(Data records)
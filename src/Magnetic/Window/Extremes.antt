-- ===== src/Magnetic/Window/Extremes.antt =====
-- The statistics of an open window.
use pose_bridge.Prelude.{
  ℕ, ◌+◌, ◌≡◌, false, Option, none, some, List, [], ◌∷◌, arith, length, map_or,
}
use pose_bridge.Prelude.Int.{ℤ, ltb_ℤ}
use pose_bridge.Magnetic.{Counts}
use pose_bridge.Magnetic.Window.{Window, min_ℤ, max_ℤ, zip_counts, observe}

unfoldable pub run : Window → List (Counts × ℕ) → Window
run w [] = w
run w ((xyz, now) ∷ readings) = run (observe w xyz now) readings

-- One axis of a reading lies in the range of two others.
abbrev pub InRange : ℤ → ℤ → ℤ → Type 0
InRange low v high = (ltb_ℤ v low ≡ false) × (ltb_ℤ high v ≡ false)

-- A reading lies between the extremes on each axis.
abbrev pub IsWithin : Option Counts → Option Counts → Counts → Type 0
IsWithin (some low) (some high) v =
    InRange low.x v.x high.x × InRange low.y v.y high.y × InRange low.z v.z high.z
IsWithin _ _ v = ⊥

min-InRange : (low v high r : ℤ) → InRange low v high → InRange (min_ℤ low r) v (max_ℤ high r)
unfolding min_ℤ max_ℤ
min-InRange low v high r h = ground arith

min-own : (low r : ℤ) → ltb_ℤ r (min_ℤ low r) ≡ false
unfolding min_ℤ
min-own low r = ground arith

max-own : (high r : ℤ) → ltb_ℤ (max_ℤ high r) r ≡ false
unfolding max_ℤ
max-own high r = ground arith

own : (r : ℤ) → ltb_ℤ r r ≡ false
own r = ground arith

-- The extremes with one more reading.
abbrev extend : (ℤ → ℤ → ℤ) → Option Counts → Counts → Option Counts
extend f extreme xyz = some (map_or extreme xyz (λ v. zip_counts f v xyz))

extend-IsWithin :
    (low high : Option Counts) (xyz v : Counts)
    → IsWithin low high v
    → IsWithin (extend min_ℤ low xyz) (extend max_ℤ high xyz) v
extend-IsWithin (some low) (some high) xyz v (a, b, c) = (
  min-InRange low.x v.x high.x xyz.x a,
  min-InRange low.y v.y high.y xyz.y b,
  min-InRange low.z v.z high.z xyz.z c,
)
extend-IsWithin none high xyz v h = absurd h
extend-IsWithin (some low) none xyz v h = absurd h

extend-IsWithin_own :
    (low high : Option Counts) (xyz : Counts)
    → IsWithin (extend min_ℤ low xyz) (extend max_ℤ high xyz) xyz
extend-IsWithin_own none none xyz =
    ((own xyz.x, own xyz.x), (own xyz.y, own xyz.y), (own xyz.z, own xyz.z))
extend-IsWithin_own none (some high) xyz = (
  (own xyz.x, max-own high.x xyz.x),
  (own xyz.y, max-own high.y xyz.y),
  (own xyz.z, max-own high.z xyz.z),
)
extend-IsWithin_own (some low) none xyz = (
  (min-own low.x xyz.x, own xyz.x),
  (min-own low.y xyz.y, own xyz.y),
  (min-own low.z xyz.z, own xyz.z),
)
extend-IsWithin_own (some low) (some high) xyz = (
  (min-own low.x xyz.x, max-own high.x xyz.x),
  (min-own low.y xyz.y, max-own high.y xyz.y),
  (min-own low.z xyz.z, max-own high.z xyz.z),
)

observe_open :
    (w : Window) (xyz : Counts) (now : ℕ)
    → w.end ≡ none
    → ((observe w xyz now).minimum ≡ extend min_ℤ w.minimum xyz)
      × ((observe w xyz now).maximum ≡ extend max_ℤ w.maximum xyz)
      × ((observe w xyz now).count ≡ w.count + 1)
      × ((observe w xyz now).end ≡ none)
unfolding observe
observe_open w xyz now h = ground arith

abbrev pub AllWithin : Window → List (Counts × ℕ) → Type 0
AllWithin w [] = Unit {0}
AllWithin w ((xyz, now) ∷ readings) = IsWithin w.minimum w.maximum xyz × AllWithin w readings

run-IsWithin :
    (w : Window) (readings : List (Counts × ℕ)) (v : Counts)
    → w.end ≡ none
    → IsWithin w.minimum w.maximum v
    → IsWithin (run w readings).minimum (run w readings).maximum v
unfolding run
run-IsWithin w [] v e h = h
run-IsWithin w ((xyz, now) ∷ readings) v e h =
    let (low, high, count, open_lem) = observe_open w xyz now e in
    run-IsWithin (observe w xyz now) readings v open_lem
      (rw (low, high) (extend-IsWithin w.minimum w.maximum xyz v h))

-- An open window counts its readings, and each of them lies between the final minimum and maximum on
-- every axis.
pub run-AllWithin :
    (w : Window) (readings : List (Counts × ℕ))
    → w.end ≡ none
    → ((run w readings).count ≡ w.count + length readings) × AllWithin (run w readings) readings
unfolding run
run-AllWithin w [] e = (omega arith, tt)
run-AllWithin w ((xyz, now) ∷ readings) e =
    let (low, high, count, open_lem) = observe_open w xyz now e in
    let rest = run-AllWithin (observe w xyz now) readings open_lem in
    (
      omega (arith, rest.0, count),
      (
        run-IsWithin (observe w xyz now) readings xyz open_lem
            (rw (low, high) (extend-IsWithin_own w.minimum w.maximum xyz)),
        rest.1,
      ),
    )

◆ TO DO:
Copy out the entries. Change nothing.

◆ TASK RESULT:
filename src/Magnetic/Window/Extremes.antt
-- ===== src/Magnetic/Window/Extremes.antt =====
-- The statistics of an open window.
use pose_bridge.Prelude.{
  ℕ, ◌+◌, ◌≡◌, false, Option, none, some, List, [], ◌∷◌, arith, length, map_or,
}
use pose_bridge.Prelude.Int.{ℤ, ltb_ℤ}
use pose_bridge.Magnetic.{Counts}
use pose_bridge.Magnetic.Window.{Window, min_ℤ, max_ℤ, zip_counts, observe}

unfoldable pub run : Window → List (Counts × ℕ) → Window
run w [] = w
run w ((xyz, now) ∷ readings) = run (observe w xyz now) readings

-- One axis of a reading lies in the range of two others.
abbrev pub InRange : ℤ → ℤ → ℤ → Type 0
InRange low v high = (ltb_ℤ v low ≡ false) × (ltb_ℤ high v ≡ false)

-- A reading lies between the extremes on each axis.
abbrev pub IsWithin : Option Counts → Option Counts → Counts → Type 0
IsWithin (some low) (some high) v =
    InRange low.x v.x high.x × InRange low.y v.y high.y × InRange low.z v.z high.z
IsWithin _ _ v = ⊥

min-InRange : (low v high r : ℤ) → InRange low v high → InRange (min_ℤ low r) v (max_ℤ high r)
unfolding min_ℤ max_ℤ
min-InRange low v high r h = ground arith

min-own : (low r : ℤ) → ltb_ℤ r (min_ℤ low r) ≡ false
unfolding min_ℤ
min-own low r = ground arith

max-own : (high r : ℤ) → ltb_ℤ (max_ℤ high r) r ≡ false
unfolding max_ℤ
max-own high r = ground arith

own : (r : ℤ) → ltb_ℤ r r ≡ false
own r = ground arith

-- The extremes with one more reading.
abbrev extend : (ℤ → ℤ → ℤ) → Option Counts → Counts → Option Counts
extend f extreme xyz = some (map_or extreme xyz (λ v. zip_counts f v xyz))

extend-IsWithin :
    (low high : Option Counts) (xyz v : Counts)
    → IsWithin low high v
    → IsWithin (extend min_ℤ low xyz) (extend max_ℤ high xyz) v
extend-IsWithin (some low) (some high) xyz v (a, b, c) = (
  min-InRange low.x v.x high.x xyz.x a,
  min-InRange low.y v.y high.y xyz.y b,
  min-InRange low.z v.z high.z xyz.z c,
)
extend-IsWithin none high xyz v h = absurd h
extend-IsWithin (some low) none xyz v h = absurd h

extend-IsWithin_own :
    (low high : Option Counts) (xyz : Counts)
    → IsWithin (extend min_ℤ low xyz) (extend max_ℤ high xyz) xyz
extend-IsWithin_own none none xyz =
    ((own xyz.x, own xyz.x), (own xyz.y, own xyz.y), (own xyz.z, own xyz.z))
extend-IsWithin_own none (some high) xyz = (
  (own xyz.x, max-own high.x xyz.x),
  (own xyz.y, max-own high.y xyz.y),
  (own xyz.z, max-own high.z xyz.z),
)
extend-IsWithin_own (some low) none xyz = (
  (min-own low.x xyz.x, own xyz.x),
  (min-own low.y xyz.y, own xyz.y),
  (min-own low.z xyz.z, own xyz.z),
)
extend-IsWithin_own (some low) (some high) xyz = (
  (min-own low.x xyz.x, max-own high.x xyz.x),
  (min-own low.y xyz.y, max-own high.y xyz.y),
  (min-own low.z xyz.z, max-own high.z xyz.z),
)

observe_open :
    (w : Window) (xyz : Counts) (now : ℕ)
    → w.end ≡ none
    → ((observe w xyz now).minimum ≡ extend min_ℤ w.minimum xyz)
      × ((observe w xyz now).maximum ≡ extend max_ℤ w.maximum xyz)
      × ((observe w xyz now).count ≡ w.count + 1)
      × ((observe w xyz now).end ≡ none)
unfolding observe
observe_open w xyz now h = ground arith

abbrev pub AllWithin : Window → List (Counts × ℕ) → Type 0
AllWithin w [] = Unit {0}
AllWithin w ((xyz, now) ∷ readings) = IsWithin w.minimum w.maximum xyz × AllWithin w readings

run-IsWithin :
    (w : Window) (readings : List (Counts × ℕ)) (v : Counts)
    → w.end ≡ none
    → IsWithin w.minimum w.maximum v
    → IsWithin (run w readings).minimum (run w readings).maximum v
unfolding run
run-IsWithin w [] v e h = h
run-IsWithin w ((xyz, now) ∷ readings) v e h =
    let (low, high, count, open_lem) = observe_open w xyz now e in
    run-IsWithin (observe w xyz now) readings v open_lem
      (rw (low, high) (extend-IsWithin w.minimum w.maximum xyz v h))

-- An open window counts its readings, and each of them lies between the final minimum and maximum on
-- every axis.
pub run-AllWithin :
    (w : Window) (readings : List (Counts × ℕ))
    → w.end ≡ none
    → ((run w readings).count ≡ w.count + length readings) × AllWithin (run w readings) readings
unfolding run
run-AllWithin w [] e = (omega arith, tt)
run-AllWithin w ((xyz, now) ∷ readings) e =
    let (low, high, count, open_lem) = observe_open w xyz now e in
    let rest = run-AllWithin (observe w xyz now) readings open_lem in
    (
      omega (arith, rest.0, count),
      (
        run-IsWithin (observe w xyz now) readings xyz open_lem
            (rw (low, high) (extend-IsWithin_own w.minimum w.maximum xyz)),
        rest.1,
      ),
    )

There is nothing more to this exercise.